Three records had a profound impact: Buddy Guy’s The First Time I Met The Blues, the Jimi Hendrix Experience’s “Hey Joe” (“it sounded like it came from another planet”) and the John Mayall and The Bluesbreakers With Eric Clapton “ it changed the face of guitar playing.”
Phil Manning moved to Melbourne in late 1966 and joined Tony Worsley and The Blue Jays.
He played with a series of bands including Bay City Union, where he met singer Matt Taylor.
The pair later worked closely on Chain, one of the best blues bands to come out of Australia.
Their January 1971 single, “Black and Blue”, which Manning helped write, reached the top 20.
They had a second top 40 hit with “Judgement” issued in July.
That year Phil Manning was voted third best guitarist in Australia by the readers of Go-Set magazine.
Chain’s debut album Towards The Blues went Top 10 and certified gold.
Touring American bluesmen like Albert Collins were astounded by the Australian-ness of Chain’s music.
“I know it’s blues but it ain’t anything like the blues I’ve heard!” he said famously.
Phil would go off to do solo projects but would return to Chain to record and perform.
His debut solo album I Wish There Was A Way came out at the end of 1974, after which he formed the Phil Manning Band with an ever-changing lineup.
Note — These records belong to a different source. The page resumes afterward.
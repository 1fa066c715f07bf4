-- ===== src/Worker/Turn/Omission.antt =====
-- Coordinated omission: what a turn measures against its slot (worker.rs and sched.rs).
use correctness_bench.Common.{
  ℕ, ◌+◌, ◌-◌, ◌*◌, ◌/◌, ◌≤◌, ◌≡◌, refl, some, List, [], ◌∷◌, Bytes, arith, max,
}
use correctness_bench.Float.{Float}
use correctness_bench.Hist.{record_both}
use correctness_bench.Hist.Library.{Hdr}
use correctness_bench.Sched.{ConnSched, usec_to_next_send, intended_send_time}
use correctness_bench.Sched.Pacing.{intended-le-add_wait}
use correctness_bench.Worker.Assert.{InlineAssert}
use correctness_bench.Worker.Connection.{
  ParsedResponse, Shared, Conn, Config, Turn, Flow, again, spin_until, wait_for, latencies,
  sample_response,
}
use correctness_bench.Worker.Turn.{complete, on_response, turn}
use correctness_bench.Worker.Turn.Cases.{paced, wait_of, turn_cases}

-- The clock does not go back between the last reading of the wait, the send and the receipt.
pub record IsTimed (woke : ℕ) (t : Turn) : Type 0 where
  pub spun : woke ≤ t.check_ns
  pub checked : t.check_ns ≤ t.send_ns
  pub sent : t.send_ns ≤ t.recv_ns

spin_until-le :
    (target : ℕ) (ts : List ℕ) (woke : ℕ) → spin_until target ts ≡ some woke → target ≤ woke
unfolding spin_until
spin_until-le target [] woke h = ground arith
spin_until-le target (t ∷ ts) woke h = ground (arith, spin_until-le target ts woke)

wait_for-le :
    (now wait : ℕ) (ts : List ℕ) (woke : ℕ)
    → wait_for now wait ts ≡ some woke
    → now + wait * 1000 ≤ woke
unfolding wait_for
wait_for-le now wait ts woke h = ground (arith, spin_until-le (now + wait * 1000) ts woke)

module _ {F : Type 0} ⦃f : Float F⦄ where
  latencies-le :
      (t : Turn) (s : ConnSched F) (woke : ℕ)
      → wait_for t.now_ns (usec_to_next_send s (t.now_ns / 1000)).1 t.spins ≡ some woke
      → IsTimed woke t
      → let lat = latencies (intended_send_time s) t in lat.1 ≤ lat.0
  unfolding latencies
  latencies-le t s woke e timed =
      let wait = (usec_to_next_send s (t.now_ns / 1000)).1 in
      omega (
        arith,
        timed,
        intended-le-add_wait s (t.now_ns / 1000),
        wait_for-le t.now_ns wait t.spins woke e,
      )

module _ {F H : Type 0} ⦃f : Float F⦄ ⦃h : Hdr H⦄ where
  sample_response_histos :
      (rules : InlineAssert) (parsed : ParsedResponse) (buf : Bytes) (corrected : ℕ)
      (sh : Shared F H)
      → (sample_response rules parsed buf corrected sh).histos ≡ sh.histos
  unfolding sample_response
  sample_response_histos rules parsed buf corrected sh = ground arith

  on_response_histos :
      (cfg : Config F) (intended : ℕ) (t : Turn) (parsed : ParsedResponse) (sh : Shared F H)
      (conn : Conn F)
      → let lat = latencies intended t in
        (on_response cfg intended t parsed sh conn).0.histos ≡ record_both sh.histos lat.0 lat.1
  unfolding on_response
  on_response_histos cfg intended t parsed sh conn =
      let lat = latencies intended t in
      sample_response_histos cfg.rules parsed t.buf lat.0 (complete lat sh conn).0

  -- A turn that completes a response, with a clock that does not go back: it records exactly one pair
  -- of samples, the corrected one counted from the intended send time of the schedule as it was before
  -- the turn, however long the turn waited, and the corrected latency is never the smaller one.
  pub turn_omission :
      (cfg : Config F) (t : Turn) (sh : Shared F H) (conn : Conn F) (woke : ℕ)
      → wait_for t.now_ns (wait_of t conn) t.spins ≡ some woke
      → IsTimed woke t
      → (turn cfg t sh conn).2 ≡ again
      → let slot = intended_send_time conn.sched in
        let lat = latencies slot t in
        ((turn cfg t sh conn).0.histos ≡ record_both sh.histos lat.0 lat.1)
        × (lat.0 ≡ max (t.recv_ns / 1000 - slot) 1)
        × (lat.1 ≤ lat.0)
  unfolding latencies
  turn_omission cfg t sh conn woke e timed done =
      let slot = intended_send_time conn.sched in
      let P : Shared F H → Conn F → Flow → Type 0 = λ sh' conn' flow.
        flow ≡ again
        → sh'.histos ≡ record_both sh.histos (latencies slot t).0 (latencies slot t).1 in
      (
        turn_cases P cfg t sh conn (λ x. cc) (λ x. cc) (λ x. cc) (λ x. cc) (λ x. cc)
            (λ w parsed up ew x. on_response_histos cfg slot t parsed sh (paced t conn)) done,
        refl,
        latencies-le t conn.sched woke e timed,
      )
Through the years came acoustic solo album It’s The Blues (1988), cassette-only album Live At The Storey Bridge (1990), Can’t Stop (1992), The Back Shed (1995), Two Roads (1997), Take Note (2000), Migrants Dance (2003), The Essential Acoustic Collection (2006) and Checkmate Move (2010).
During the pandemic, he made Out Of My Shed, combining the blues (slide and fingerpicking) with a more recent obsession with Irish music.
He took up painting again, with plans for two exhibitions in 2023,at the Post Industrial Design gallery in late February and at Mario’s in July.
He also built his own Telecaster using wood from his back yard.
He has two daughters, a son McKinley who’s a guitarist, drummer and record engineer, and a number of grown-up stepchildren.
The Manning music dexterity has extended to another generation.
“My grandson Raphael is a hotshot guitarist player, he’s 19 and taught himself, and he scares the shit out of me!”